PP51B-1117:
Combined effects of warming, acidification and changing ocean circulation on the marine carbon cycle during the PETM

Friday, 19 December 2014
Mathias Heinze and Tatiana Ilyina, Max Planck Institute for Meteorology, Hamburg, Germany
Abstract:
We are studying the ocean biogeochemistry during the Paleocene-Eocene Thermal Maximum (PETM; 55 million years ago) with an Earth System Model (ESM). During this period of abrupt environmental change the climate underwent a significant transformation within short geological timescales (~10 ky). The PETM is globally recorded in proxy-data by a negative δ13C carbon isotope excursion and carbonate dissolution in the ocean, suggesting that the occurred warming was caused by massive carbon release. To investigate the marine biogeochemistry before and during the onset of the PETM we use the ESM of the Max Planck Institute for Meteorology to simulate scenarios with different rates of carbon release over several thousand years. Starting from an already warmer background climate than present, the atmospheric CO2 increase and concomitant warming lead to acidification and deoxygenation of mid and deep ocean waters.
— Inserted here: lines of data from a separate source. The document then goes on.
-- ===== src/Main/Reverse.antt =====
-- The options of aping.c and the reverse resolution of ns-cache.c.
use mathlib.Core.Path.{subst}
use aping.Base.{List, [], ◌∷◌, not, Option, none, some, ◌==◌, ◌≡◌, refl, inl, inr, Bool-cases}
use aping.Base.Text.{Text, text_eq}
use aping.Base.Outcome.{Run, ok, fatal, Fault, ◌>>=◌, bind_ok, All, All-if}
use aping.NsCache.{Resolver}
use aping.NsCache.Transparent.{NamesAgree}
use aping.Plugin.{Process, running, image, plugin_init}
use aping.Main.{
  Turn, source, tos, ttl, kind, code, interval, count, pattern, device, size, ramp, route, bcast,
  predictor, promisc, sniff, debug, numeric, droute, dfrag, version, unknown, help, ident, plugin,
  Setting, help_text, unless_help, first_char, parse_ident, keep_plugins, parse_option,
  parse_options,
}

-- Names are resolved unless `-n` was given.
abbrev pub Reverse : Setting → Type 0
Reverse s = s.cache.allow_reverse ≡ not s.globals.options.numeric

-- And the table of names agrees with the resolver.
abbrev pub Sane : Resolver → Setting → Type 0
Sane r s = Reverse s × NamesAgree r s.cache

module _ (r : Resolver) where
  unless_help-All :
      (t : Text) (s : Setting) (f : Setting → Run Setting)
      → All (Sane r) (f s)
      → All (Sane r) (unless_help t s >>= f)
  unfolding unless_help
  unless_help-All t s f h = elim (Bool-cases (text_eq help_text t)) [
    | inl e ↦ rw e tt
    | inr e ↦ rw e h
  ]

  parse_ident-All :
      (t : Text) (next : Option Text) (s : Setting) → Sane r s → All (Sane r) (parse_ident t next s)
  unfolding parse_ident
  parse_ident-All t none s h = All-if (Sane r) (first_char t == b'd') _ _ tt (
      All-if (Sane r) (first_char t == b'i') _ _ h
        (All-if (Sane r) (first_char t == b'r') _ _ h tt))
  parse_ident-All t (some next) s h = All-if (Sane r) (first_char t == b'd') _ _ h (
      All-if (Sane r) (first_char t == b'i') _ _ h
        (All-if (Sane r) (first_char t == b'r') _ _ h tt))

  exits : (m : Run Process) → All (Sane r) (m >>= λ p. fatal Fault.exited)
  exits (ok p) = tt
  exits (fatal e) = tt

  keeps : (s : Setting) (m : Run Process) → Sane r s → All (Sane r) (m >>= keep_plugins s)
  keeps s (ok (running ps)) h = h
  keeps s (ok (image t args)) h = tt
  keeps s (fatal e) h = tt

  module _ (path : Text) (ls : Run Process) where
    parse_option-All : (t : Turn) (s : Setting) → Sane r s → All (Sane r) (parse_option path ls t s)
    unfolding parse_option
    parse_option-All (source t) s h = h
    parse_option-All (tos t) s h = unless_help-All t s _ h
    parse_option-All (ttl t) s h = h
    parse_option-All ramp s h = h
    parse_option-All route s h = h
    parse_option-All (ident t next) s h = parse_ident-All t next s h
    parse_option-All bcast s h = h
    parse_option-All predictor s h = tt
    parse_option-All (plugin p) s h =
        All-if (Sane r) (text_eq (b's' ∷ []) p.name) _ _ (exits ls)
          (keeps s (plugin_init path p.buf p.name p.forked s.plugins) h)
    parse_option-All (kind t) s h = unless_help-All t s _ h
    parse_option-All (code t) s h = unless_help-All t s _ h
    parse_option-All (interval t) s h = h
    parse_option-All (count t) s h = h
    parse_option-All (pattern t) s h = h
    parse_option-All (device t) s h = h
    parse_option-All promisc s h = h
    parse_option-All sniff s h = h
    parse_option-All (size t) s h = h
    parse_option-All debug s h = h
    parse_option-All numeric s h = (refl, h.1)
    parse_option-All droute s h = h
    parse_option-All dfrag s h = h
    parse_option-All version s h = tt
    parse_option-All unknown s h = tt
    parse_option-All help s h = tt

    pub parse_options-Sane :
        (ts : List Turn) (s s1 : Setting)
        → Sane r s
        → parse_options path ls ts s ≡ ok s1
        → (Sane r) s1
    unfolding parse_options
    parse_options-Sane [] s s1 h e = subst (Sane r) (ok_inj e) h
      where
        ok_inj : {a b : Setting} → ok a ≡ ok b → a ≡ b
        ok_inj e = cc
    parse_options-Sane (t ∷ ts) s s1 h e =
        let (s0, e0, e1) = bind_ok (parse_option path ls t s) (parse_options path ls ts) s1 e in
        parse_options-Sane ts s0 s1 (subst (All (Sane r)) e0 (parse_option-All t s h)) e1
Our results indicate that a weakening of deep water formation, caused by global warming, plays a major role in producing inhospitable conditions for benthic organisms during the PETM. We show how the interaction between biological and physical responses to the carbon perturbation lead to the observed calcite sediment dissolution in the deep ocean. At the surface a weakening of the physical and biological carbon pump restricts the oceanic uptake capacity of atmospheric CO2 which helps to maintain elevated atmospheric CO2 concentrations and temperatures throughout the event.